Marley had an obstacle right away of two dogs coming while he was pooping. He finished his biz and I stood on the lead because I could see where that was going, so some barking, but obviously no pulling. We didn't see any other dogs for the rest of the walk but he heeled well on a loose lead and even walked through a large group of people coming towards us without any problems. So he did well.

I'll continue to work with them separately until I can get Marley passing smoothly. It realy is challanging. The dam is only 8' wide.


----------



## SMARTY (Apr 19, 2007)

I though some of you could benefit from my morning with Danny, the dog trainer. I'll post Smarty's journey later today.

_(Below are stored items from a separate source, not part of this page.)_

-- ===== src/Csv/RoundTrip.antt =====
-- A table as `export_csv` of dbcli/src/synth/export.rs writes it and `read_csv` of tabular.rs reads it.
use hepta_dbcli.Prelude.{
  ℕ, zero, suc, false, List, [], ◌∷◌, ◌++◌, map, Option, none, some, length, ◌≡◌, ◌≢◌, refl, sym,
  ap, ◌∙◌, arith, ◌==◌, ==_iff, if-cases,
}
use mathlib.Core.Path.{ap₂}
use mathlib.Core.List.{append_assoc, append-nil}
use hepta_dbcli.Text.{Text}
use hepta_dbcli.Report.{Value, null, string, to_string, Row, join}
use hepta_dbcli.Csv.{
  csv_field, csv_cell, columns_for, line, lines_of, export_csv, Record, field_value, scan, start,
  strip_utf8_bom, or_default, cell_of, table_of, read_csv, numbered,
}
use hepta_dbcli.Csv.Fields.{between, ReadsAs, IsReadable, csv_field-ReadsAs, empty-ReadsAs}

-- The texts are read as the fields, one by one.
abbrev AllReadAs : List Text → Record → Type 0
AllReadAs [] [] = Unit
AllReadAs (w ∷ ws) (o ∷ os) = ReadsAs w o × AllReadAs ws os
AllReadAs _ _ = ⊥

scan-line :
    (w : Text) (ws : List Text) (o : Option Text) (os : Record)
    → ReadsAs w o
    → AllReadAs ws os
    → (r : Text) (recs : List Record) (cur : Record)
    → scan (line (w ∷ ws) ++ r) (between recs cur)
      ≡ scan r (between (recs ++ (cur ++ o ∷ os) ∷ []) [])
scan-line w [] o [] h hs r recs cur =
    ap (λ (s : Text). scan s (between recs cur)) (append_assoc w (10 ∷ []) r) ∙ h.newline r recs cur
scan-line w (v ∷ ws) o (p ∷ os) h hs r recs cur =
    ap (λ (s : Text). scan s (between recs cur)) (regroup w (join (44 ∷ []) (v ∷ ws)) (10 ∷ []) r)
    ∙ h.comma (line (v ∷ ws) ++ r) recs cur
    ∙ scan-line v ws p os hs.0 hs.1 r recs (cur ++ o ∷ [])
    ∙ ap (λ (c : Record). scan r (between (recs ++ c ∷ []) [])) (append_assoc cur (o ∷ []) (p ∷ os))
  where
    regroup : (a b c d : Text) → (((a ++ 44 ∷ []) ++ b) ++ c) ++ d ≡ a ++ 44 ∷ ((b ++ c) ++ d)
    regroup a b c d =
        append_assoc ((a ++ 44 ∷ []) ++ b) c d
        ∙ append_assoc (a ++ 44 ∷ []) b (c ++ d)
        ∙ append_assoc a (44 ∷ []) (b ++ (c ++ d))
        ∙ ap (λ (t : Text). a ++ 44 ∷ t) (sym (append_assoc b c d))
scan-line w [] o (p ∷ os) h hs r recs cur = absurd hs
scan-line w (v ∷ ws) o [] h hs r recs cur = absurd hs

-- What a cell is read as: its text, and NULL for NULL.
abbrev pub read_cell : Value → Value
unfolding to_string
read_cell null = null
read_cell (string t) = string t
read_cell v = string (to_string v)

-- A cell that is read back: a text that the reader gives back, and for a value that is no text one that is
-- not empty.
abbrev pub IsReadableCell : Value → Type 0
unfolding to_string
IsReadableCell null = Unit
IsReadableCell (string t) = IsReadable t
IsReadableCell v = IsReadable (to_string v) × (to_string v ≢ [])

abbrev pub AllReadable : Row → Type 0
unfolding IsReadableCell
AllReadable [] = Unit
AllReadable (v ∷ vs) = IsReadableCell v × AllReadable vs

abbrev field_of : Value → Option Text
unfolding to_string
field_of null = none
field_of (string t) = some t
field_of v = some (to_string v)

field_value-some : (t : Text) → t ≢ [] → field_value t false ≡ some t
field_value-some [] h = absurd (h refl)
field_value-some (c ∷ t) h = refl

shown-ReadsAs : (t : Text) → IsReadable t × (t ≢ []) → ReadsAs (csv_field t) (some t)
shown-ReadsAs t h = rw (← field_value-some t h.1) (csv_field-ReadsAs t h.0)

csv_cell-ReadsAs : (v : Value) → IsReadableCell v → ReadsAs (csv_cell v) (field_of v)
unfolding csv_cell IsReadableCell field_of
csv_cell-ReadsAs null h = csv_field-ReadsAs [] (λ e. cc)
csv_cell-ReadsAs (string []) h = empty-ReadsAs
csv_cell-ReadsAs (string (c ∷ t)) h = csv_field-ReadsAs (c ∷ t) h
csv_cell-ReadsAs v h = shown-ReadsAs (to_string v) h

csv_cells-ReadAs : (row : Row) → AllReadable row → AllReadAs (map csv_cell row) (map field_of row)
unfolding AllReadable
csv_cells-ReadAs [] h = tt
csv_cells-ReadAs (v ∷ vs) h = (csv_cell-ReadsAs v h.0, csv_cells-ReadAs vs h.1)

-- The rows of a table: none without cells, and every cell is read back.
abbrev pub AllRowsReadable : List Row → Type 0
unfolding AllReadable
AllRowsReadable [] = Unit
AllRowsReadable (row ∷ rows) = (row ≢ []) × AllReadable row × AllRowsReadable rows

scan-row :
    (row : Row) (r : Text) (recs : List Record)
    → row ≢ []
    → AllReadable row
    → scan (line (map csv_cell row) ++ r) (between recs [])
      ≡ scan r (between (recs ++ map field_of row ∷ []) [])
scan-row [] r recs some_cells h = absurd (some_cells refl)
scan-row (v ∷ vs) r recs some_cells h =
    let each = csv_cells-ReadAs (v ∷ vs) h in
    scan-line (csv_cell v) (map csv_cell vs) (field_of v) (map field_of vs) each.0 each.1 r recs []

scan-lines :
    (rows : List Row) (recs : List Record)
    → AllRowsReadable rows
    → scan (lines_of rows) (between recs []) ≡ recs ++ map (map field_of) rows
unfolding scan lines_of AllRowsReadable
scan-lines [] recs h = sym (append-nil recs)
scan-lines (row ∷ rows) recs h =
    scan-row row (lines_of rows) recs h.0 h.1
    ∙ scan-lines rows (recs ++ map field_of row ∷ []) h.2
    ∙ append_assoc recs (map field_of row ∷ []) (map (map field_of) rows)

-- The header.
abbrev pub AllNamesReadable : List Text → Type 0
AllNamesReadable [] = Unit
AllNamesReadable (n ∷ ns) = IsReadable n × AllNamesReadable ns

abbrev name_field : Text → Option Text
name_field n = field_value n false

names-ReadAs :
    (ns : List Text) → AllNamesReadable ns → AllReadAs (map csv_field ns) (map name_field ns)
names-ReadAs [] h = tt
names-ReadAs (n ∷ ns) h = (csv_field-ReadsAs n h.0, names-ReadAs ns h.1)

map-or_default : (ns : List Text) → map or_default (map name_field ns) ≡ ns
map-or_default [] = refl
map-or_default ([] ∷ ns) = ap (λ (t : List Text). [] ∷ t) (map-or_default ns)
map-or_default ((c ∷ n) ∷ ns) = ap (λ (t : List Text). (c ∷ n) ∷ t) (map-or_default ns)

length-numbered : (n i : ℕ) → length (numbered n i) ≡ n
unfolding numbered
length-numbered zero i = refl
length-numbered (suc n) i = ap suc (length-numbered n (suc i))

length-columns_for : (names : Option (List Text)) (n : ℕ) → length (columns_for names n) ≡ n
unfolding columns_for
length-columns_for none n = length-numbered n 0
length-columns_for (some names) n =
    if-cases (λ (ns : List Text). length ns ≡ n) (length names == n)
      (λ e. (==_iff (length names) n).0 e) (λ _. length-numbered n 0)

scan-header :
    (ns : List Text) (r : Text)
    → ns ≢ []
    → AllNamesReadable ns
    → scan (line (map csv_field ns) ++ r) (between [] [])
      ≡ scan r (between (map name_field ns ∷ []) [])
scan-header [] r some_names h = absurd (some_names refl)
scan-header (n ∷ ns) r some_names h =
    let each = names-ReadAs (n ∷ ns) h in
    scan-line (csv_field n) (map csv_field ns) (name_field n) (map name_field ns) each.0 each.1 r []
      []

map-cell_of : (row : Row) → map cell_of (map field_of row) ≡ map read_cell row
unfolding field_of read_cell
map-cell_of [] = refl
map-cell_of (v ∷ vs) = ap₂ (λ (w : Value) (ws : Row). w ∷ ws) (cell_of-field_of v) (map-cell_of vs)
  where
    cell_of-field_of : (v : Value) → cell_of (field_of v) ≡ read_cell v
    cell_of-field_of null = refl
    cell_of-field_of (string t) = refl
    cell_of-field_of _ = refl

map-map-cell_of :
    (rows : List Row) → map (map cell_of) (map (map field_of) rows) ≡ map (map read_cell) rows
map-map-cell_of [] = refl
map-map-cell_of (row ∷ rows) =
    ap₂ (λ (w : Row) (ws : List Row). w ∷ ws) (map-cell_of row) (map-map-cell_of rows)

columns-ne-nil :
    (names : Option (List Text)) (row : Row) → row ≢ [] → columns_for names (length row) ≢ []
columns-ne-nil names [] h e = h refl
columns-ne-nil names (v ∷ vs) h e =
    absurd (omega (arith, length-columns_for names (suc (length vs)), ap length e))

scan-export :
    (ns : List Text) (rows : List Row)
    → ns ≢ []
    → AllNamesReadable ns
    → AllRowsReadable rows
    → scan (line (map csv_field ns) ++ lines_of rows) start
      ≡ map name_field ns ∷ map (map field_of) rows
scan-export ns rows some_names header readable =
    scan-header ns (lines_of rows) some_names header
    ∙ scan-lines rows (map name_field ns ∷ []) readable

-- A table with at least one row, written and read, gives its column names and its rows, each cell as its
-- text and NULL as NULL: if no row is empty, a name or a cell that holds a CR holds a comma, a quote or an
-- LF too, no value but a string is written as the empty text, and the file does not begin with a byte order
-- mark.
pub read_csv-export_csv :
    (names : Option (List Text)) (row : Row) (rows : List Row)
    → AllNamesReadable (columns_for names (length row))
    → AllRowsReadable (row ∷ rows)
    → strip_utf8_bom (export_csv names (row ∷ rows)) ≡ export_csv names (row ∷ rows)
    → read_csv (export_csv names (row ∷ rows))
      ≡ (columns_for names (length row), map (map read_cell) (row ∷ rows))
unfolding read_csv export_csv AllRowsReadable
read_csv-export_csv names row rows header readable bom = rw bom (
    ap table_of (
      scan-export (columns_for names (length row)) (row ∷ rows)
        (columns-ne-nil names row readable.0) header readable)
    ∙ ap₂ (λ (ns : List Text) (rs : List Row). (ns, rs))
        (map-or_default (columns_for names (length row))) (map-map-cell_of (row ∷ rows)))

We had a little issue so I tried the "other people are spoiling my dog, everywhere I go people want to pet her, when people come to my door they pet them even when they are bad". The Chihuahua owners joined in and said that is exactly what happens. I almost got to see the coolest most even tempered person I know loose it. He said "you have to be kidding me. If you for one minute think other people other than your household are controlling your dogs, sabotaging your training you need to get rid of your dogs. *You are not traina**ble. * People who live with you 24/7 yes, passer throughs NO...If you are consistent, and are proactive at all times, no one can interfere and if they try YOU stop them with "Sorry, I don't allow my dogs to do that, eat that or get praise when they don't deserve it. Now who is in control." We are", little voices. The Chihuahua owners said " you just about got all of us in trouble".:laugh::laugh::laugh:


----------



## SMARTY (Apr 19, 2007)

good buddy said:


> Just letting you all know we are back on track today. :clap2: I walked the boys seperately so I can continue to work with them. Rufus gets an A+ for perfect heeling on a loose lead, passed a dog without barking or pulling and allowing strangers to pet him at the end of our walk.
> 
> Marley had an obstacle right away of two dogs coming while he was pooping. He finished his biz and I stood on the lead because I could see where that was going, so some barking, but obviously no pulling. We didn't see any other dogs for the rest of the walk but he heeled well on a loose lead and even walked through a large group of people coming towards us without any problems. So he did well.
> 
> I'll continue to work with them separately until I can get Marley passing smoothly. It realy is challanging. The dam is only 8' wide.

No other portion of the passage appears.